Так, не узнав в лицо истину, не приняв ее, как некогда случилось с древними евреями, кстати, Франк был евреем, наш Шекспир погружает нас в свои штормовые волны сомнений.
Впрочем, если вы заметили, я представил вашему вниманию всего лишь первую сцену сочинения Франка. Но даже здесь нас опрокидывают буруны сомнений нашего Шекспира философии. А из подобных набегов на истину состоит целая книга. Поэтому нам придется пропустить многое из волнительных прекрас в текстах Франка, чтобы сосредоточить внимание на достижении цели нашего заплыва.
5.
Однако как, как возможно не привести здесь дальнейших слов Франка, когда он говорит такое:
«Человеческая жажда любви и счастья, слезы умиления перед красотой, – трепетная мысль о светлой радости, озаряющей и согревающей жизнь, – есть ли для этого какая-либо твердая почва в бытии человека, или это – только отражение в воспаленном человеческом сознании той слепой и смутной страсти, которая владеет и насекомым, которая обманывает нас, употребляя как орудия для сохранения все той же бессмысленной прозы жизни животной и обрекая нас за краткую мечту о высшей радости и духовной полноте расплачиваться пошлостью, скукой и томительной нуждой узкого, будничного, обывательского существования? А жажда подвига, самоотверженного служения добру, жажда гибели во имя великого и светлого дела – есть ли это нечто большее и более осмысленное, чем таинственная, но бессмысленная сила, которая гонит бабочку в огонь?»

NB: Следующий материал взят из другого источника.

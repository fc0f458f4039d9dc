-- ===== src/Manager/Annotations.antt =====
-- ApplyAnnotations, RemoveAnnotations, ApplyAnnotationGroups and RemoveAnnotationGroups of
-- internal/resource/manager.go: a query, the writes to what it found, and the invalidation of the
-- cache.
pub mod Writes
pub mod Audits
use dynamic_annotation_contr.Base.{
  ℕ, suc, ◌+◌, Bool, true, false, Option, none, some, List, [], ◌∷◌, if◌then◌else◌, ltb, length,
  is_empty, Bytes, Assoc,
}
use dynamic_annotation_contr.Api.{Time, Object, AnnotationGroup, LabelSelector}
use dynamic_annotation_contr.Client.{Client, Result, ok, err}
use dynamic_annotation_contr.Validator.{AnnotationValidator, AnnotationError, validate_annotations}
use dynamic_annotation_contr.Template.{TemplateContext}
use dynamic_annotation_contr.Operation.{Policies}
use dynamic_annotation_contr.Cache.{ResourceCache, SelectorText, invalidate_cache}
use dynamic_annotation_contr.RateLimiter.{
  TokenBucket, LimitError, operation_apply, operation_remove,
}
use dynamic_annotation_contr.Audit.{
  AuditSink, RuleInfo, log_annotation_apply, log_annotation_remove, log_validation_failure,
}
use dynamic_annotation_contr.Manager.Retry.{UpdateError}
use dynamic_annotation_contr.Manager.Legacy.{
  keys_of, apply_annotations_to_resource, remove_annotations_from_resource,
}
use dynamic_annotation_contr.Manager.Groups.{GroupResult, SortSlice, apply_groups, remove_groups}
use dynamic_annotation_contr.Manager.Discovery.{
  Services, QueryTimes, QueryError, wait_if_limited, get_matching_resources,
}

-- the errors of ApplyAnnotations and of RemoveAnnotations
pub data WriteError (F : Type 0) : Type 0 where
  write_limited : LimitError F → WriteError F
  rejected : AnnotationError → WriteError F
  query_failed : QueryError F → WriteError F
  failed_resources : ℕ → ℕ → WriteError F

-- The log of rm.Auditor, and the texts of the errors that it is told.
pub record Auditing (W E : Type 0) : Type 0 where
  pub sink : AuditSink W
  pub update_text : UpdateError E → Bytes
  pub rejection_text : AnnotationError → Bytes

-- What the manager tells the auditor of the rule: its ID and the namespace, and no name.
abbrev rule_info : Bytes → Bytes → RuleInfo
rule_info namespace rule_id = record {
  rule_id = rule_id;
  rule_name = [];
  rule_namespace = namespace;
}

-- The readings of the clock: those of the rate limit of the operation, and those of its query.
pub record WriteTimes : Type 0 where
  pub asked : Time
  pub admitted : Time
  pub query : QueryTimes

-- rm.Cache.InvalidateCache(namespace, ""), where there is a cache
unfoldable pub forget : {L : Type 0} → Bytes → Services L → Services L
forget namespace s = elim s.cache [
  | none ↦ s
  | some rc ↦ record s { cache = some (invalidate_cache namespace [] rc) }
]

-- the error for the resources that failed, if any did
unfoldable pub report : {F : Type 0} → ℕ → ℕ → Option (WriteError F)
report failed total = if ltb 0 failed then some (failed_resources failed total) else none

module _ {W E : Type 0} (client : Client W E) where
  -- The loops over the resources, each audited, and how many of them failed.
  module _ (auditing : Auditing W E) where
    open auditing use {sink, update_text}

    unfoldable pub apply_to_all : List Object → Assoc Bytes → Bytes → Bytes → W → ℕ × W
    apply_to_all [] annotations namespace rule_id w = (0, w)
    apply_to_all (resource ∷ rest) annotations namespace rule_id w =
        let (failure, w₁) = apply_annotations_to_resource client resource annotations rule_id w in
        let w₂ : W = elim failure [
          | none ↦
              log_annotation_apply sink (rule_info namespace rule_id) resource annotations true none
                w₁
          | some e ↦
              log_annotation_apply sink (rule_info namespace rule_id) resource annotations false
                (some (update_text e)) w₁
        ] in
        let (failed, w₃) = apply_to_all rest annotations namespace rule_id w₂ in
        (elim failure [ none ↦ failed | some e ↦ failed + 1 ], w₃)

    unfoldable pub remove_from_all : List Object → List Bytes → Bytes → Bytes → W → ℕ × W
    remove_from_all [] keys namespace rule_id w = (0, w)
    remove_from_all (resource ∷ rest) keys namespace rule_id w =
        let (failure, w₁) = remove_annotations_from_resource client resource keys rule_id w in
        let w₂ : W = elim failure [
          | none ↦
              log_annotation_remove sink (rule_info namespace rule_id) resource keys true none w₁
          | some e ↦
              log_annotation_remove sink (rule_info namespace rule_id) resource keys false
                (some (update_text e)) w₁
        ] in
        let (failed, w₃) = remove_from_all rest keys namespace rule_id w₂ in
        (elim failure [ none ↦ failed | some e ↦ failed + 1 ], w₃)

  module _ (texts : SelectorText) {L C F : Type 0} (bucket : TokenBucket L C F) (ctx : C) where
    module _ (auditing : Auditing W E) where
      open auditing use {sink, rejection_text}

      unfoldable pub apply_annotations :
          AnnotationValidator
          → LabelSelector
          → Assoc Bytes
          → List Bytes
          → Bytes
          → Bytes
          → WriteTimes
          → Services L
          → W
          → Option (WriteError F) × Services L × W
      apply_annotations validator selector annotations types namespace rule_id times s w =
          let (limited, s₁) =
            wait_if_limited bucket ctx operation_apply namespace times.asked times.admitted s in
          let (found, s₂, w₁) =
            get_matching_resources client texts bucket ctx selector types namespace times.query s₁
              w in
          if is_empty (keys_of annotations) then (none, s, w) else elim limited [
            | some e ↦ (some (write_limited e), s₁, w)
            | none ↦ elim (validate_annotations validator annotations) [
              | some e ↦ (
                some (rejected e),
                s₁,
                log_validation_failure sink (rule_info namespace rule_id) annotations
                    (rejection_text e) w,
              )
              | none ↦ elim found [
                | err e ↦ (some (query_failed e), s₂, w₁)
                | ok resources ↦
                    let (failed, w₂) =
                      apply_to_all auditing resources annotations namespace rule_id w₁ in
                    if is_empty resources
                    then (none, s₂, w₁)
                    else (report failed (length resources), forget namespace s₂, w₂)
              ]
            ]
          ]

      unfoldable pub remove_annotations :
          LabelSelector
          → List Bytes
          → List Bytes
          → Bytes
          → Bytes
          → WriteTimes
          → Services L
          → W
          → Option (WriteError F) × Services L × W
      remove_annotations selector keys types namespace rule_id times s w =
          let (limited, s₁) =
            wait_if_limited bucket ctx operation_remove namespace times.asked times.admitted s in
          let (found, s₂, w₁) =
            get_matching_resources client texts bucket ctx selector types namespace times.query s₁
              w in
          if is_empty keys then (none, s, w) else elim limited [
            | some e ↦ (some (write_limited e), s₁, w)
            | none ↦ elim found [
              | err e ↦ (some (query_failed e), s₂, w₁)
              | ok resources ↦
                  let (failed, w₂) = remove_from_all auditing resources keys namespace rule_id w₁ in
                  if is_empty resources
                  then (none, s₂, w₁)
                  else (report failed (length resources), forget namespace s₂, w₂)
            ]
          ]

    -- The results of the groups; the query alone is limited, and the cache stays as it left it.
    pub apply_annotation_groups :
        SortSlice
        → Policies
        → LabelSelector
        → List AnnotationGroup
        → List Bytes
        → Bytes
        → Bytes
        → TemplateContext
        → Bytes
        → QueryTimes
        → Services L
        → W
        → Result (QueryError F) (List (GroupResult E)) × Services L × W
    apply_annotation_groups sort policies selector groups types namespace rule_id context resolution
          times s w =
        let (found, s₁, w₁) =
          get_matching_resources client texts bucket ctx selector types namespace times s w in
        if is_empty groups then (ok [], s, w) else elim found [
          | err e ↦ (err e, s₁, w₁)
          | ok resources ↦
              let (results, w₂) =
                apply_groups client sort policies resources groups rule_id context resolution w₁ in
              if is_empty resources then (ok [], s₁, w₁) else (ok results, s₁, w₂)
        ]

    unfoldable pub remove_annotation_groups :
        LabelSelector
        → List AnnotationGroup
        → List Bytes
        → Bytes
        → Bytes
        → QueryTimes
        → Services L
        → W
        → Result (QueryError F) (List (GroupResult E)) × Services L × W
    remove_annotation_groups selector groups types namespace rule_id times s w =
        let (found, s₁, w₁) =
          get_matching_resources client texts bucket ctx selector types namespace times s w in
        if is_empty groups then (ok [], s, w) else elim found [
          | err e ↦ (err e, s₁, w₁)
          | ok resources ↦
              let (results, w₂) = remove_groups client resources groups rule_id w₁ in
              if is_empty resources then (ok [], s₁, w₁) else (ok results, s₁, w₂)
        ]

Воистину нужно обладать могучей силой воли и ледяной жестокостью, чтобы подвергнуть бесстрастному анализу подобные строки. Благо, я умею взять себя в руки и на ровном дыхании вам сообщаю:
«Жажда любви и счастья», «слезы умиления перед красотой», а также и все прочие чувства и страсти, включая «жажду гибели во имя великого» имеют вполне «твердую почву»… но не в бытии человека.
Конечно, бытие в какой-то степени определяет сознание. Но в душе даже самого задавленного жизнью раба вполне может твориться «жажда любви и счастья» и «слезы умиления перед красотой». Притом в одних и тех же условиях сознание людей достаточно различно. В формировании сознания многое зависит от творческих способностей и творчества человека.
Напомню, что творчество в «креативной философии» определяется наличием в его процессе креативных принципов, таких как «принцип преодоления», «принцип новизны», «принцип преемственности», «принцип разнообразия», «принцип целесообразности», «принцип таинства», «принцип упрощения сложного», а также «принцип любви (дополнительности, гармонии, логоса)», который является главным в их системе.
Все эти принципы присущи разуму живых организмов и проявляются тем явственней, чем выше биологическая организация животных.
Важно знать и то, что существует два вида творчества: «творчество восприятия» и «творчество созидания (деятельности, развития)». «Креативные принципы» определяют оба эти вида. Притом первично, конечно, творчество восприятия. Без творческого восприятия, призванного делать мир прекрасным, не способно жить ни одно животное. Даже примитивная амеба, и та движима фундаментальной, космической энергией, которая и есть первоисточник творчества, любви и красоты всего сущего.
Так что, представлениям о «любви и счастье», «светлой радостью» и «слезам умиления перед красотой» мы обязаны творчеству восприятия, которое придает внешнему миру художественное оформление.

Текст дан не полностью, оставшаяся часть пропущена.